重工的袍子举手投足间流光璀璨,和朴素实在是沾不上边。
“你的腰间是不是空了点?”算玲琅拿起一枚玉佩,试图推销。
“好像是有点。”宁瓷低头看了看,回心转意道:“那我就带两个香囊吧!”
算玲琅:“......”
香囊能值几个钱?
“你开心就好。”算玲琅闭目,硬邦邦地说。
“你今天怎么神神叨叨的?”宁瓷说,“你又给我算卦了?卦相如何?”
算玲琅想了想刚卜的那卦,“大吉。”
那个新世界会比这里更适合宁瓷生活,就是略微......穷了点。
“好耶。
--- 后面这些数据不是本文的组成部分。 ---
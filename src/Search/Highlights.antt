-- ===== src/Search/Highlights.antt =====
-- `tokenize` of backend/app/search/bm25.py, and `_term_highlights` and `_best_sentence_by_terms` of
-- backend/app/services/search_service.py. The matches of a term as a whole word, case ignored, are
-- a parameter: regular expressions with a text that is escaped.
pub mod Merged
use docmesh.Prelude.{
  ℕ, max, Bool, ◌&&◌, ◌||◌, Option, none, some, List, [], ◌∷◌, map, filter, flat_map, take, length,
  slice, leb, ltb, ◌==◌, if◌then◌else◌,
}
use docmesh.Text.{Text, Unicode, Span, text_in, runs}
use docmesh.Chunker.Sentences.{split_sentences}

abbrev pub is_token : ℕ → Bool
is_token c = (leb b'a' c && leb c b'z') || (leb b'0' c && leb c b'9')

-- A set of texts as a list without repetitions, the later ones kept.
unfoldable pub unique : List Text → List Text
unfolding text_in
unique [] = []
unique (t ∷ ts) = let rest = unique ts in if text_in t ts then rest else t ∷ rest

-- `spans.sort()`
abbrev pub span_le : Span → Span → Bool
span_le (s, e) (s', e') = ltb s s' || (s == s' && leb e e')

unfoldable pub insert_span : Span → List Span → List Span
insert_span a [] = a ∷ []
insert_span a (b ∷ bs) = let rest = insert_span a bs in if span_le a b then a ∷ b ∷ bs else b ∷ rest

unfoldable pub sort_spans : List Span → List Span
unfolding insert_span
sort_spans [] = []
sort_spans (a ∷ r) = insert_span a (sort_spans r)

-- The loop, with `merged[-1]`: a span that begins within it, or at its end, is taken into it.
unfoldable pub merge_from : Span → List Span → List Span
merge_from a [] = a ∷ []
merge_from (s, e) ((s', e') ∷ rest) =
    let joined = merge_from (s, max e e') rest in
    let kept = merge_from (s', e') rest in if leb s' e then joined else (s, e) ∷ kept

unfoldable pub merge : List Span → List Span
unfolding merge_from
merge [] = []
merge (a ∷ r) = merge_from a r

module _ ⦃u : Unicode⦄ where
  unfoldable pub tokenize : Text → List Text
  unfolding runs
  tokenize text = let t = u.lower text in map (λ ((s, e) : Span). slice t s e) (runs is_token t)

  -- `{t for t in tokenize(query) if len(t) >= 2}`
  unfoldable pub query_terms : Text → List Text
  unfolding unique tokenize
  query_terms query = unique (filter (λ t. leb 2 (length t)) (tokenize query))

  unfoldable pub term_highlights : (Text → Text → List Span) → Text → Text → List Span
  unfolding query_terms sort_spans merge
  term_highlights find_term query text =
      take 20 (merge (sort_spans (flat_map (λ t. find_term t text) (query_terms query))))

  -- `len(terms & set(tokenize(sentence)))`
  unfoldable pub overlap : List Text → Text → ℕ
  unfolding tokenize text_in
  overlap terms sentence =
      let tokens = tokenize sentence in length (filter (λ t. text_in t tokens) terms)

  -- The loop over the sentences, with the best so far and its overlap.
  unfoldable pub best_from : List Text → Text → Option (ℕ × Span) → List Span → Option (ℕ × Span)
  unfolding overlap
  best_from terms text best [] = best
  best_from terms text best ((s, e) ∷ spans) =
      let n = overlap terms (slice text s e) in
      let taken = best_from terms text (some (n, (s, e))) spans in
      let passed = best_from terms text best spans in
      elim best [
        | none ↦ if ltb 0 n then taken else passed
        | some (m, b) ↦ if ltb 0 n && ltb m n then taken else passed
      ]

  abbrev pub span_of : Option (ℕ × Span) → Option Span
  span_of none = none
  span_of (some (n, span)) = some span

  abbrev pub best_with : List Text → Text → Option Span
  best_with [] text = none
  best_with (t ∷ ts) text = span_of (best_from (t ∷ ts) text none (split_sentences text))

  unfoldable pub best_sentence_by_terms : Text → Text → Option Span
  unfolding query_terms best_from split_sentences
  best_sentence_by_terms query text = best_with (query_terms query) text
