-- ===== src/Search/Highlights/Merged.antt =====
-- The highlights are apart, and show the matches.
use docmesh.Prelude.{
  ℕ, zero, suc, ap, sym, ◌∙◌, ◌≤◌, ◌<◌, ◌≡◌, ◌⊎◌, refl, max, Bool, true, false, ◌&&◌, ◌||◌, List,
  [], ◌∷◌, All, All-append, flat_map, take, length, length-take, leb, ltb, if_both, arith,
  Bool-cases, inl, inr,
}
use docmesh.Text.{Text, Unicode, Span}
use docmesh.Search.Highlights.{
  span_le, insert_span, sort_spans, merge_from, merge, query_terms, term_highlights,
}

-- The spans are not empty, begin at `lo` or later, and no two touch.
abbrev pub Separated : ℕ → List Span → Type 0
Separated lo [] = Unit
Separated lo ((s, e) ∷ r) = (lo ≤ s) × (s < e) × Separated (suc e) r

-- The spans are not empty, and stand by their starts.
abbrev ByStart : ℕ → List Span → Type 0
ByStart lo [] = Unit
ByStart lo ((s, e) ∷ r) = (lo ≤ s) × (s < e) × ByStart s r

abbrev pub IsSpan : Span → Type 0
IsSpan (s, e) = s < e

ByStart-weaken : (lo lo' : ℕ) (r : List Span) → lo' ≤ lo → ByStart lo r → ByStart lo' r
ByStart-weaken lo lo' [] h b = tt
ByStart-weaken lo lo' ((s, e) ∷ r) h (b, b', bs) = (omega arith, b', bs)

merge_from-Separated :
    (lo s e : ℕ) (r : List Span) → lo ≤ s → s < e → ByStart s r → Separated lo (merge_from (s, e) r)
unfolding merge_from
merge_from-Separated lo s e [] h k b = (h, k, tt)
merge_from-Separated lo s e ((s', e') ∷ r) h k (b, b', bs) =
    if_both (Separated lo) (leb s' e)
      (λ touch. merge_from-Separated lo s (max e e') r h (omega arith) (ByStart-weaken s' s r b bs))
      (λ apart. (h, k, merge_from-Separated (suc e) s' e' r (ground (arith, apart)) b' bs))

insert_span-ByStart :
    (lo s e : ℕ) (r : List Span) → lo ≤ s → s < e → ByStart lo r → ByStart lo (insert_span (s, e) r)
unfolding insert_span
insert_span-ByStart lo s e [] h k b = (h, k, tt)
insert_span-ByStart lo s e ((s', e') ∷ r) h k (b, b', bs) =
    elim (Bool-cases (span_le (s, e) (s', e'))) [
      | inl before ↦ rw before (h, k, (ground (arith, before), b', bs))
      | inr behind ↦ rw behind (b, b', insert_span-ByStart s' s e r (ground (arith, behind)) k bs)
    ]

sort_spans-ByStart : (r : List Span) → All IsSpan r → ByStart 0 (sort_spans r)
unfolding sort_spans
sort_spans-ByStart [] h = tt
sort_spans-ByStart ((s, e) ∷ r) (h, hs) =
    insert_span-ByStart 0 s e (sort_spans r) (omega arith) h (sort_spans-ByStart r hs)

merge-Separated : (r : List Span) → ByStart 0 r → Separated 0 (merge r)
unfolding merge
merge-Separated [] b = tt
merge-Separated ((s, e) ∷ r) (b, b', bs) = merge_from-Separated 0 s e r b b' bs

-- Does the index lie in one of the spans?
abbrev pub covers : ℕ → List Span → Bool
covers i [] = false
covers i ((s, e) ∷ r) = (leb s i && ltb i e) || covers i r

merge_from-covers :
    (i s e : ℕ) (r : List Span)
    → s < e
    → ByStart s r
    → covers i (merge_from (s, e) r) ≡ covers i ((s, e) ∷ r)
unfolding merge_from
merge_from-covers i s e [] k b = refl
merge_from-covers i s e ((s', e') ∷ r) k (b, b', bs) =
    if_both (λ l. covers i l ≡ covers i ((s, e) ∷ (s', e') ∷ r)) (leb s' e)
      (λ touch.
        merge_from-covers i s (max e e') r (omega arith) (ByStart-weaken s' s r b bs)
        ∙ ground (arith, touch, b, b'))
      (λ apart. ground (arith, merge_from-covers i s' e' r b' bs))

insert_span-covers :
    (i : ℕ) (a : Span) (r : List Span) → covers i (insert_span a r) ≡ covers i (a ∷ r)
unfolding insert_span
insert_span-covers i (s, e) [] = refl
insert_span-covers i (s, e) ((s', e') ∷ r) =
    if_both (λ l. covers i l ≡ covers i ((s, e) ∷ (s', e') ∷ r)) (span_le (s, e) (s', e'))
      (λ _. refl) (λ _. ground (arith, insert_span-covers i (s, e) r))

sort_spans-covers : (i : ℕ) (r : List Span) → covers i (sort_spans r) ≡ covers i r
unfolding sort_spans
sort_spans-covers i [] = refl
sort_spans-covers i ((s, e) ∷ r) =
    insert_span-covers i (s, e) (sort_spans r)
    ∙ ap (λ b. (leb s i && ltb i e) || b) (sort_spans-covers i r)

merge-covers : (i : ℕ) (r : List Span) → ByStart 0 r → covers i (merge r) ≡ covers i r
unfolding merge
merge-covers i [] b = refl
merge-covers i ((s, e) ∷ r) (b, b', bs) = merge_from-covers i s e r b' bs

take-Separated : (n lo : ℕ) (r : List Span) → Separated lo r → Separated lo (take n r)
take-Separated zero lo r h = tt
take-Separated (suc n) lo [] h = tt
take-Separated (suc n) lo ((s, e) ∷ r) (h, k, hs) = (h, k, take-Separated n (suc e) r hs)

covers-take : (i n : ℕ) (r : List Span) → covers i (take n r) ≡ true → covers i r ≡ true
covers-take i zero r h = cc
covers-take i (suc n) [] h = h
covers-take i (suc n) ((s, e) ∷ r) h = ground (arith, h, covers-take i n r)

take-cases : (n : ℕ) (r : List Span) → (length (take n r) ≡ n) ⊎ (take n r ≡ r)
take-cases zero r = inl refl
take-cases (suc n) [] = inr refl
take-cases (suc n) (a ∷ r) = elim (take-cases n r) [
  | inl full ↦ inl (ap suc full)
  | inr all ↦ inr (ap (λ l. a ∷ l) all)
]

module _ ⦃u : Unicode⦄ (find_term : Text → Text → List Span) where
  flat_map-IsSpan :
      ((t text : Text) → All IsSpan (find_term t text))
      → (text : Text) (ts : List Text) → All IsSpan (flat_map (λ t. find_term t text) ts)
  flat_map-IsSpan h text [] = tt
  flat_map-IsSpan h text (t ∷ ts) =
      All-append IsSpan (find_term t text) (flat_map (λ t. find_term t text) ts) (h t text)
        (flat_map-IsSpan h text ts)

  -- The matches of the terms of the query.
  abbrev pub matches : Text → Text → List Span
  matches query text = flat_map (λ t. find_term t text) (query_terms query)

  -- If no match is empty: there are at most 20 highlights, in order, and no two touch; they show only
  -- what lies in a match; and unless there are 20, they show all of it.
  pub term_highlights-Separated :
      ((t text : Text) → All IsSpan (find_term t text))
      → (query text : Text)
      → Separated 0 (term_highlights find_term query text)
        × (length (term_highlights find_term query text) ≤ 20)
        × ((i : ℕ)
            → covers i (term_highlights find_term query text) ≡ true
            → covers i (matches query text) ≡ true)
        × ((length (term_highlights find_term query text) ≡ 20)
            ⊎ ((i : ℕ)
                → covers i (term_highlights find_term query text) ≡ covers i (matches query text)))
  unfolding term_highlights
  term_highlights-Separated h query text =
      let found = matches query text in
      let sorted = sort_spans found in
      let by_start = sort_spans-ByStart found (flat_map-IsSpan h text (query_terms query)) in
      let same : (i : ℕ) → covers i (merge sorted) ≡ covers i found =
        λ i. merge-covers i sorted by_start ∙ sort_spans-covers i found in
      (
        take-Separated 20 0 (merge sorted) (merge-Separated sorted by_start),
        omega (arith, length-take 20 (merge sorted)),
        (λ i k. sym (same i) ∙ covers-take i 20 (merge sorted) k),
        elim (take-cases 20 (merge sorted)) [
          | inl full ↦ inl full
          | inr all ↦ inr (λ i. ap (covers i) all ∙ same i)
        ],
      )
”宁瓷小小地欢呼一声。
算玲琅在心里默默叹了口气。梅花锋一向如此,教人习武,就不会再教人动脑;教了动脑的,绝不许再习武。
算玲琅捏了捏自己瘦弱的胳膊,弱不经风的腿。
宁瓷这样也未必不是一件好事。
她有着举世无双的武力,足以面对一切危机,她还有着自成一派的脑子,永远清楚自己要想的是什么。
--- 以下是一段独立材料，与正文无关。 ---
-- ===== src/Schema/Offsets.antt =====
-- lib/pc_schema.c: the byte offsets that `pc_schema_calculate_byteoffsets` computes.
use pointcloud.Common.{
  ◌∙◌, ℕ, zero, suc, ◌+◌, ◌*◌, ◌%◌, ◌^◌, ◌≤◌, ◌<◌, ◌≡◌, refl, ap, List, [], ◌∷◌, length, set, take,
  get_elem?, Option, none, some, arith,
}
use pointcloud.Common.Result.{ok, some_injective}
use pointcloud.Bytes.{interpretation_size, u32}
use pointcloud.Schema.{Dimension, Schema, ndims, place, schema_calculate_byteoffsets}

-- The bytes of a value.
unfoldable pub width : ℕ → ℕ
width zero = 0
width (suc zero) = 1
width (suc (suc zero)) = 1
width (suc (suc (suc zero))) = 2
width (suc (suc (suc (suc zero)))) = 2
width (suc (suc (suc (suc (suc zero))))) = 4
width (suc (suc (suc (suc (suc (suc zero)))))) = 4
width (suc (suc (suc (suc (suc (suc (suc zero))))))) = 8
width (suc (suc (suc (suc (suc (suc (suc (suc zero)))))))) = 8
width (suc (suc (suc (suc (suc (suc (suc (suc (suc zero))))))))) = 8
width (suc (suc (suc (suc (suc (suc (suc (suc (suc (suc n)))))))))) = 4

-- An interpretation other than `PC_UNKNOWN`.
abbrev pub IsKnown : ℕ → Type 0
IsKnown i = (1 ≤ i) × (i < 11)

pub interpretation_size_known : (i : ℕ) → IsKnown i → interpretation_size i ≡ ok (width i)
unfolding interpretation_size width
interpretation_size_known zero h = absurd (omega arith)
interpretation_size_known (suc zero) h = refl
interpretation_size_known (suc (suc zero)) h = refl
interpretation_size_known (suc (suc (suc zero))) h = refl
interpretation_size_known (suc (suc (suc (suc zero)))) h = refl
interpretation_size_known (suc (suc (suc (suc (suc zero))))) h = refl
interpretation_size_known (suc (suc (suc (suc (suc (suc zero)))))) h = refl
interpretation_size_known (suc (suc (suc (suc (suc (suc (suc zero))))))) h = refl
interpretation_size_known (suc (suc (suc (suc (suc (suc (suc (suc zero)))))))) h = refl
interpretation_size_known (suc (suc (suc (suc (suc (suc (suc (suc (suc zero))))))))) h = refl
interpretation_size_known (suc (suc (suc (suc (suc (suc (suc (suc (suc (suc zero)))))))))) h = refl
interpretation_size_known (suc (suc (suc (suc (suc (suc (suc (suc (suc (suc (suc n))))))))))) h =
    absurd (omega arith)

pub width-le : (i : ℕ) → width i ≤ 8
unfolding width
width-le zero = omega arith
width-le (suc zero) = omega arith
width-le (suc (suc zero)) = omega arith
width-le (suc (suc (suc zero))) = omega arith
width-le (suc (suc (suc (suc zero)))) = omega arith
width-le (suc (suc (suc (suc (suc zero))))) = omega arith
width-le (suc (suc (suc (suc (suc (suc zero)))))) = omega arith
width-le (suc (suc (suc (suc (suc (suc (suc zero))))))) = omega arith
width-le (suc (suc (suc (suc (suc (suc (suc (suc zero)))))))) = omega arith
width-le (suc (suc (suc (suc (suc (suc (suc (suc (suc zero))))))))) = omega arith
width-le (suc (suc (suc (suc (suc (suc (suc (suc (suc (suc n)))))))))) = omega arith

module _ {ℓ} {D : Type ℓ} where
  -- The dimensions that are there have interpretations that are known.
  abbrev pub AllKnown : List (Option (Dimension D)) → Type 0
  AllKnown [] = Unit
  AllKnown (none ∷ dims) = AllKnown dims
  AllKnown (some d ∷ dims) = IsKnown d.interpretation × AllKnown dims

  unfoldable pub total_width : List (Option (Dimension D)) → ℕ
  total_width [] = 0
  total_width (none ∷ dims) = total_width dims
  total_width (some d ∷ dims) = width d.interpretation + total_width dims

  -- Each dimension stands behind the ones before it.
  unfoldable pub laid_out : ℕ → List (Option (Dimension D)) → List (Option (Dimension D))
  laid_out start [] = []
  laid_out start (none ∷ dims) = none ∷ laid_out start dims
  laid_out start (some d ∷ dims) =
      some (record d { byteoffset = start; size = width d.interpretation })
      ∷ laid_out (start + width d.interpretation) dims

  pub total_width-le : (dims : List (Option (Dimension D))) → total_width dims ≤ 8 * length dims
  unfolding total_width
  total_width-le [] = omega arith
  total_width-le (none ∷ dims) = omega (arith, total_width-le dims)
  total_width-le (some d ∷ dims) = omega (arith, width-le d.interpretation, total_width-le dims)

  pub length-laid_out :
      (start : ℕ) (dims : List (Option (Dimension D))) → length (laid_out start dims) ≡ length dims
  unfolding laid_out
  length-laid_out start [] = refl
  length-laid_out start (none ∷ dims) = ap suc (length-laid_out start dims)
  length-laid_out start (some d ∷ dims) =
      ap suc (length-laid_out (start + width d.interpretation) dims)

  pub place-laid_out :
      (start : ℕ) (dims : List (Option (Dimension D)))
      → AllKnown dims
      → start + total_width dims < 2 ^ 32
      → place start dims ≡ ok (laid_out start dims, start + total_width dims)
  unfolding place laid_out total_width
  place-laid_out start [] k h = ap (λ (t : ℕ). ok ([], t)) (omega arith)
  place-laid_out start (none ∷ dims) k h = rw (place-laid_out start dims k h)
  place-laid_out start (some d ∷ dims) k h = rw (
    interpretation_size_known d.interpretation k.0,
    wrap,
    wide,
    narrow,
    place-laid_out (start + width d.interpretation) dims k.1 (omega arith),
    assoc,
  )
    where
      wide : u32 (width d.interpretation) ≡ width d.interpretation
      wide = omega arith

      narrow : u32 start ≡ start
      narrow = omega arith

      wrap : (start + u32 (width d.interpretation)) % 2 ^ 64 ≡ start + width d.interpretation
      wrap = omega arith

      assoc :
          start + width d.interpretation + total_width dims
          ≡ start + (width d.interpretation + total_width dims)
      assoc = omega arith

  -- The dimension at a position stands behind those before it.
  pub get_elem?-laid_out :
      (start : ℕ) (dims : List (Option (Dimension D))) (i : ℕ) (d : Dimension D)
      → get_elem? dims i ≡ some (some d)
      → get_elem? (laid_out start dims) i
        ≡ some (
            some (record d {
              byteoffset = start + total_width (take i dims);
              size = width d.interpretation;
            }))
  unfolding laid_out total_width
  get_elem?-laid_out start [] i d e = cc
  get_elem?-laid_out start (none ∷ dims) zero d e = cc
  get_elem?-laid_out start (none ∷ dims) (suc i) d e = get_elem?-laid_out start dims i d e
  get_elem?-laid_out start (some c ∷ dims) zero d e =
      ap
        (λ (x : Dimension D).
          some (some (record x { byteoffset = start; size = width x.interpretation })))
        (some_injective (some_injective e))
      ∙ ap (λ (k : ℕ). some (some (record d { byteoffset = k; size = width d.interpretation })))
          (omega arith)
  get_elem?-laid_out start (some c ∷ dims) (suc i) d e =
      get_elem?-laid_out (start + width c.interpretation) dims i d e
      ∙ ap (λ (k : ℕ). some (some (record d { byteoffset = k; size = width d.interpretation })))
          (omega arith)

  pub AllKnown-set :
      (dims : List (Option (Dimension D))) (i : ℕ) (d : Dimension D)
      → AllKnown dims
      → IsKnown d.interpretation
      → AllKnown (set dims i (some d))
  AllKnown-set [] i d k h = tt
  AllKnown-set (none ∷ dims) zero d k h = (h, k)
  AllKnown-set (none ∷ dims) (suc i) d k h = AllKnown-set dims i d k h
  AllKnown-set (some e ∷ dims) zero d k h = (h, k.1)
  AllKnown-set (some e ∷ dims) (suc i) d k h = (k.0, AllKnown-set dims i d k.1 h)

module _ {ℓ} {D T : Type ℓ} where
  pub schema_calculate_byteoffsets-laid_out :
      (s : Schema D T)
      → AllKnown s.dims
      → ndims s < 2 ^ 29
      → schema_calculate_byteoffsets s
        ≡ ok (record s { dims = laid_out 0 s.dims; size = total_width s.dims })
  unfolding schema_calculate_byteoffsets
  schema_calculate_byteoffsets-laid_out s k h =
      rw (place-laid_out 0 s.dims k (omega (arith, total_width-le s.dims)), ← zero_add)
    where
      zero_add : total_width s.dims ≡ 0 + total_width s.dims
      zero_add = omega arith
最锋利的长矛和最坚固的盾结合,足以让她在任何地方都好好活着。
门外的婢女拎着食屉走近,宁瓷一个挺身坐起,深深吸了一口,“馒头......还有一碟小榨菜。”
“吃饱点。”算玲琅眉间显出无奈,她拍了拍宁瓷的肩起身告退,“晚点见。”
从宁瓷居住的刺客苑到算玲琅住的北苑,中间由一条青石铺的小路连接。
算玲琅没有踏上这条惯走的小路,而是半途折去了李长老的驻石居。
这里的高炉常年不停火,一走进院落,扑面一股热气。
“铛——铛——”
李长老穿着无袖的褂子,正在奋力锤打着手里的铁料。
算玲琅抄着袖子,耐心地等了半盏茶的功夫。
“铛——铛——”
李长老敲完最后一下,浑身汗水亮晶晶的。
“今天就是你算好的日子?”他终于肯转身看向算玲琅。
“是。”算玲琅面无表情地掏了掏耳朵,就这么一会儿的功夫,她的耳朵差点聋了。
“宁瓷今天会......就地飞升?”李长老咧嘴一笑,很不相信地从鼻子里哼气。
“你说这话骗骗三岁小孩罢了。”他摇摇头,自顾自道,“想骗我,没门。”
“是真是假,一见便知。”算玲琅好整以暇地说。
李长老斜着眼,“你几句话就想骗我去参加那个什么仪式?肯定有诈!”
“爱看不看。”算玲琅敛了袖子转身就走。
“喂!你不多说两句?”李长老对着她的背影喊道。
“随你。”算玲琅头也不回地一挥手,走得很潇洒。
“可恶。”李长老留在原地一皱眉,被狠狠拿捏,“来人啊,收拾家伙!”
他倒要看看算玲琅搞什么花头。
下午,吉时。
日头晒得更足了,金盆里的水反射着光斑,那一点光斑在水里不停游动。
宁瓷穿着里三层外三层的衣服,再透气的布料也不顶用,她眉毛皱得蚯蚓似的,苦着脸,“什么吉时,军师也有失算的时候。”
算玲琅眼也不眨地盯着水里那点光斑,手指掐算着时间。